…Мое детство и юность прошли в Камышине. Поделюсь тем, что я помню о храме и островке в бухте. Во-первых, это был не остров, а земляная стрелка, выдававшаяся в речку Камышинку. Здесь стояла не церковь, а большой собор. С высоким резным крыльцом, он как белый лебедь стоял красиво и величаво. Мне в детстве до войны, в 1937–38 годах, приходилось бывать в этом соборе. В нем не проводилось церковных служб, а был только сторож дядя Гриша и большой замок висел на двери собора.
Дядя Гриша был родственником мамы. Иногда в выходные дни мама что-то испечет, и мы ходили проведать дядю Гришу. Мама просила его открыть храм, он снимал замок, и мы с ней заходили внутрь. Мама молилась, но икон было мало.
В 1940 году я пошла в школу — тогда мы в школу шли с 8 лет. Школа наша была в доме барачного типа на краю Камышинки. А в 1941 году храм стали ломать. Мне было жаль его до слез! Сломали и оставили одну стену, на ней была церковная роспись, хорошо помню, что на голубом фоне, а вот, что именно, — не помню. Думаю, Рождество Христово. Стена эта стояла долго — наверное, ни у кого рука не поднималась начать ломать. Взрослые говорили: «Как начали ломать стену — так началась война…»
В 1940 году как-то на перемене все побежали к храму. Ну и я, конечно, тоже не отстала. Оказалось, мужчины открыли склеп, и там что-то делали с фонарями. Мы стали туда заглядывать, но внутри было темно и мы ничего не могли разобрать. Потом нам под ноги стали кидать кресты, пояса, много кадил — все блестящее. Очень много бросали волос — длинные, это были волосы и бороды…

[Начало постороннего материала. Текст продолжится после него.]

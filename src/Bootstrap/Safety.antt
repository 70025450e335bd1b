-- ===== src/Bootstrap/Safety.antt =====
-- What a run of the coordinator keeps: predicates on the journal's file and on the trace. The proofs
-- are in the modules below, which follow internal/bootstrap/cluster.go.
pub mod Verifying
pub mod Executing
pub mod Writing
pub mod Committing
pub mod Running
pub mod Starting
use sovereignite.Base.{
  Bytes, ℕ, ◌≤◌, true, Option, none, some, List, [], ◌∷◌, ◌++◌, All, length, get_elem?, ◌≡◌, refl,
}
use sovereignite.Bootstrap.Step.{Step, ordered_steps}
use sovereignite.Bootstrap.Error.{Error, is_clean}
use sovereignite.Bootstrap.Journal.{JournalState, in_progress, Attempt, StepRecord, Journal}
use sovereignite.Bootstrap.Request.{operation_of}
use sovereignite.Bootstrap.Machine.{Env, Event, Sys}
use sovereignite.Bootstrap.Store.Laws.{Codec, IsStored, Holds, On}
use sovereignite.Bootstrap.Coordinator.Requests.{Coordinator, validate_evidence, operation}

-- The same transaction, at least as far: no recorded step is lost or changed.
pub record Extends (j0 j : Journal) : Type 0 where
  pub transaction : j.transaction_id ≡ j0.transaction_id
  pub bootstrap : j.bootstrap_version ≡ j0.bootstrap_version
  pub configuration : j.configuration_sha256 ≡ j0.configuration_sha256
  pub revision : j0.revision ≤ j.revision
  pub added : List StepRecord
  pub steps : j.steps ≡ j0.steps ++ added

-- What the file held at first, and what it holds later.
abbrev pub Since : Option Journal → Option Journal → Type 0
Since none r = Unit
Since (some j0) none = ⊥
Since (some j0) (some j) = Extends j0 j

module _ (e : Env) (c : Coordinator) where
  -- When the action was called, the file held a valid journal in progress whose current attempt is of the
  -- next step in order, and the operation is the one of that transaction and that step.
  pub record IsIntended (event : Event) : Type 0 where
    pub journal : Journal
    pub stored : IsStored e journal event.file
    pub going : journal.state ≡ in_progress
    pub attempt : Attempt
    pub current : journal.current ≡ some attempt
    pub next : get_elem? ordered_steps (length journal.steps) ≡ some attempt.step
    pub operation : operation_of event.action ≡ operation e.digests c journal attempt.step

  -- The evidence of each record names the selected versions and artifacts.
  abbrev pub AllBound : List StepRecord → Type 0
  AllBound = All (λ r. validate_evidence c r.step r.evidence ≡ none)

  module _ (r0 : Option Journal) where
    -- The file holds exactly this journal.
    pub record IsKnown (j : Journal) (f : Option Bytes) (t : List Event) : Type 0 where
      pub stored : IsStored e j f
      pub since : Since r0 (some j)
      pub traced : All IsIntended t

    -- The file holds a journal, or none.
    pub record IsSafe (f : Option Bytes) (t : List Event) : Type 0 where
      pub journal : Option Journal
      pub holds : Holds e journal f
      pub since : Since r0 journal
      pub traced : All IsIntended t

    -- After an error: a clean one, and nothing is lost.
    abbrev pub Failure : Error → Sys e.World → Type 0
    Failure er s = (is_clean er ≡ true) × IsSafe s.file s.trace

    pub IsKnown-IsSafe :
        (j : Journal) (f : Option Bytes) (t : List Event) → IsKnown j f t → IsSafe f t
    IsKnown-IsSafe j f t k = record {
      journal = some j;
      holds = k.stored;
      since = k.since;
      traced = k.traced;
    }
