-- ===== src/Bootstrap/Safety/Verifying.antt =====
-- The read-only verification: it changes neither file nor trace, indexes the observations within
-- bounds, and passes only records whose evidence is bound to the configuration.
use sovereignite.Base.{
  Bytes, ℕ, zero, suc, ◌<◌, Option, none, some, List, [], ◌∷◌, All, first_error-none, length,
  get_elem?, ◌≡◌, refl, arith, ◌∙◌, sym,
}
use sovereignite.Bootstrap.Step.{
  Step, tpm_key_manager_ca_signing, kubelet_config, calico_ipv6, istio_ingress, spire_tpm_config,
  initialize_api_server, wait_control_plane, apply_cluster_configs, mark_complete,
}
use sovereignite.Bootstrap.Error.{Error, at_step, ok, IsClean}
use sovereignite.Bootstrap.Journal.{
  Observation, Evidence, StepRecord, Journal, expected_components, validate_evidence_shape,
}
use sovereignite.Bootstrap.Journal.Validity.{
  validate_evidence_shape-IsEvidenceOf, IsEvidence-length,
}
use sovereignite.Bootstrap.Journal.Clean.{
  validate_evidence_shape-IsClean, first_error-IsClean, fail_if-IsClean, row-IsClean,
}
use sovereignite.Bootstrap.Request.{Operation, Check}
use sovereignite.Bootstrap.Machine.{Env, Event, Sys, M, pure, raise, check, ◌>>=◌, ◌>>◌, catch}
use sovereignite.Bootstrap.Machine.Triple.{
  Triple, pure_rule, raise_rule, bind_rule, catch_rule, check_rule, lift_then, ask_rule, weaken,
}
use sovereignite.Bootstrap.Store.Laws.{On, OnFailure, clean_error}
use sovereignite.Bootstrap.Coordinator.Requests.{
  Coordinator, expected_observations, binding_checks, bindings_checks, evidence_binding_checks,
  validate_evidence,
}
use sovereignite.Bootstrap.Coordinator.Verify.{
  inspect, verify_reconciled_all, verify_ready_all, verify_step, verify_record, at_record,
  verify_records, verify_completed,
}
use sovereignite.Bootstrap.Safety.{AllBound}

length-expected_observations :
    (c : Coordinator) (step : Step)
    → length (expected_observations c step) ≡ length (expected_components step)
unfolding expected_observations expected_components
length-expected_observations c tpm_key_manager_ca_signing = refl
length-expected_observations c _ = refl

length-evidence :
    (step : Step) (evidence : Evidence)
    → validate_evidence_shape step evidence ≡ none
    → length evidence ≡ length (expected_components step)
length-evidence step evidence h =
    IsEvidence-length _ evidence _ ((validate_evidence_shape-IsEvidenceOf step evidence).0 h)

bindings_checks-IsClean :
    (os : Evidence) (xs : List Observation)
    → length os ≡ length xs
    → All IsClean (bindings_checks os xs)
unfolding bindings_checks
bindings_checks-IsClean [] xs h = tt
bindings_checks-IsClean (o ∷ os) [] h = absurd (omega arith)
bindings_checks-IsClean (o ∷ os) (x ∷ xs) h = (
  first_error-IsClean (binding_checks o x)
      (fail_if-IsClean _ _ refl, (fail_if-IsClean _ _ refl, tt)),
  bindings_checks-IsClean os xs (omega arith),
)

validate_evidence-IsClean :
    (c : Coordinator) (step : Step) (evidence : Evidence)
    → IsClean (validate_evidence c step evidence)
unfolding validate_evidence
validate_evidence-IsClean c step evidence =
    row-IsClean (validate_evidence_shape step evidence) _
      (validate_evidence_shape-IsClean step evidence)
      λ shaped. first_error-IsClean _ (
        first_error-IsClean _ (
            bindings_checks-IsClean evidence (expected_observations c step)
              (length-evidence step evidence shaped ∙ sym (length-expected_observations c step))),
        tt,
      )

-- Evidence that is bound to the configuration has one observation for each component.
pub validate_evidence-length :
    (c : Coordinator) (step : Step) (evidence : Evidence)
    → validate_evidence c step evidence ≡ none
    → length evidence ≡ length (expected_components step)
unfolding validate_evidence
validate_evidence-length c step evidence h =
    length-evidence step evidence (first_error-none (evidence_binding_checks c step evidence) h).0

get_elem?-of_lt :
    {A : Type 0} (xs : List A) (i : ℕ) → i < length xs → (x : A) × (get_elem? xs i ≡ some x)
get_elem?-of_lt [] i h = absurd (omega arith)
get_elem?-of_lt (x ∷ xs) zero h = (x, refl)
get_elem?-of_lt (x ∷ xs) (suc i) h = get_elem?-of_lt xs i (omega arith)

module _ (e : Env) (c : Coordinator) (φ : Option Bytes → List Event → Type 0) where
  abbrev Keeps : M e.World (Unit {0}) → Type 0
  Keeps m = Triple (On e φ) m (λ _. On e φ) (OnFailure e φ)

  inspect-Keeps :
      (make : Observation → Check) (os : List Observation) (i : ℕ)
      → i < length os
      → Keeps (inspect e c make os i)
  unfolding inspect
  inspect-Keeps make os i h =
      let (o, found) = get_elem?-of_lt os i h in
      rw found
        (lift_then (ok o) _ (λ er p s h. cc) λ o' p. ask_rule _ (λ s h _. h) (λ s n h _. (refl, h)))

  Keeps-then : (m n : M e.World (Unit {0})) → Keeps m → Keeps n → Keeps (m >> n)
  Keeps-then m n km kn = bind_rule (λ _. On e φ) m _ km (λ _. kn)

  verify_step-Keeps :
      (step : Step) (op : Operation) (os : List Observation)
      → length os ≡ length (expected_components step)
      → Keeps (verify_step e c step op os)
  unfolding verify_step expected_components
  verify_step-Keeps tpm_key_manager_ca_signing op os h = inspect-Keeps _ os 0 (omega arith)
  verify_step-Keeps kubelet_config op os h = inspect-Keeps _ os 0 (omega arith)
  verify_step-Keeps calico_ipv6 op os h = inspect-Keeps _ os 0 (omega arith)
  verify_step-Keeps istio_ingress op os h = inspect-Keeps _ os 0 (omega arith)
  verify_step-Keeps spire_tpm_config op os h = inspect-Keeps _ os 0 (omega arith)
  verify_step-Keeps initialize_api_server op os h = inspect-Keeps _ os 0 (omega arith)
  verify_step-Keeps wait_control_plane op os h = inspect-Keeps _ os 0 (omega arith)
  verify_step-Keeps apply_cluster_configs op os h =
      unfold verify_reconciled_all in
      Keeps-then _ _ (inspect-Keeps _ os 0 (omega arith)) (
        Keeps-then _ _ (inspect-Keeps _ os 1 (omega arith)) (
          Keeps-then _ _ (inspect-Keeps _ os 2 (omega arith)) (
            Keeps-then _ _ (inspect-Keeps _ os 3 (omega arith))
              (inspect-Keeps _ os 4 (omega arith)))))
  verify_step-Keeps mark_complete op os h =
      unfold verify_ready_all in
      Keeps-then _ _ (inspect-Keeps _ os 0 (omega arith)) (
        Keeps-then _ _ (inspect-Keeps _ os 1 (omega arith)) (
          Keeps-then _ _ (inspect-Keeps _ os 2 (omega arith)) (
            Keeps-then _ _ (inspect-Keeps _ os 3 (omega arith))
              (inspect-Keeps _ os 4 (omega arith)))))
  verify_step-Keeps (Step.other_step s) op os h = raise_rule _ (λ s h. (refl, h))

  -- A record with evidence of the right length is verified without a crash.
  pub verify_record-Keeps :
      (r : StepRecord) (j : Journal)
      → validate_evidence c r.step r.evidence ≡ none
      → Keeps (verify_record e c r j)
  unfolding verify_record
  verify_record-Keeps r j h =
      verify_step-Keeps r.step _ r.evidence (validate_evidence-length c r.step r.evidence h)

  at_record-Keeps :
      (step : Step) (m : M e.World (Unit {0})) → Keeps m → Keeps (at_record e c step m)
  unfolding at_record
  at_record-Keeps step m k =
      catch_rule (λ _. On e φ) (OnFailure e φ) m _ _ k (λ a. pure_rule a (λ s h. h))
        (λ er. raise_rule (at_step step er) (λ s h. h))

  pub check_evidence_fact :
      (step : Step) (evidence : Evidence)
      → Triple
          (On e φ)
          (check (validate_evidence c step evidence))
          (λ _ s. (validate_evidence c step evidence ≡ none) × On e φ s)
          (OnFailure e φ)
  check_evidence_fact step evidence =
      check_rule (validate_evidence c step evidence) (λ p s h. (p, h))
        λ er p s h. (
          clean_error (validate_evidence c step evidence)
              (validate_evidence-IsClean c step evidence) p,
          h,
        )

module _ (e : Env) (c : Coordinator) where
  at_record-check_then :
      (φ : Option Bytes → List Event → Type 0) (step : Step) (r : Option Error)
      (R : Unit {0} → Sys e.World → Type 0) (f : Unit {0} → M e.World (Unit {0}))
      → IsClean r
      → (r ≡ none → Triple (On e φ) (f tt) R (OnFailure e φ))
      → Triple (On e φ) (at_record e c step (check r) >>= f) R (OnFailure e φ)
  unfolding at_record catch check pure raise ◌>>=◌
  at_record-check_then φ step none R f clean k = record { at = (k refl).at }
  at_record-check_then φ step (some er) R f clean k = record {
    at = λ s h. (clean_error (some er) clean refl, h);
  }

  -- Verification passes only if the evidence of every record is bound to the configuration.
  pub verify_records-keeps :
      (φ : Option Bytes → List Event → Type 0) (rs : List StepRecord) (j : Journal)
      → Triple
          (On e φ)
          (verify_records e c rs j)
          (λ _. On e (λ f t. φ f t × AllBound e c rs))
          (OnFailure e φ)
  unfolding verify_records
  verify_records-keeps φ [] j = pure_rule tt (λ s h. (h, tt))
  verify_records-keeps φ (r ∷ rs) j =
      at_record-check_then φ r.step (validate_evidence c r.step r.evidence) _ _
        (validate_evidence-IsClean c r.step r.evidence)
        λ bound.
          bind_rule (λ _. On e φ) _ _
            (at_record-Keeps e c φ r.step _ (verify_record-Keeps e c φ r j bound))
            λ _.
              weaken _ (verify_records-keeps φ rs j) (λ s h. h) (λ a s h. (h.0, (bound, h.1)))
                (λ er s h. h)

  pub verify_completed-keeps :
      (φ : Option Bytes → List Event → Type 0) (j : Journal)
      → Triple
          (On e φ)
          (verify_completed e c j)
          (λ _. On e (λ f t. φ f t × AllBound e c j.steps))
          (OnFailure e φ)
  unfolding verify_completed
  verify_completed-keeps φ j = verify_records-keeps φ j.steps j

Я ночью не могла спать, проснулась, стала плакать. Мама тоже проснулась, спрашивает: «Ты что плачешь?!» А я ей отвечаю: «Попов боюсь!» Она мне — «Каких еще попов? Что ты выдумываешь!» Тогда я ей все ей рассказала… Храм поломали, но дворовые постройки сохранили — в них до 1950 года был сельхозснаб.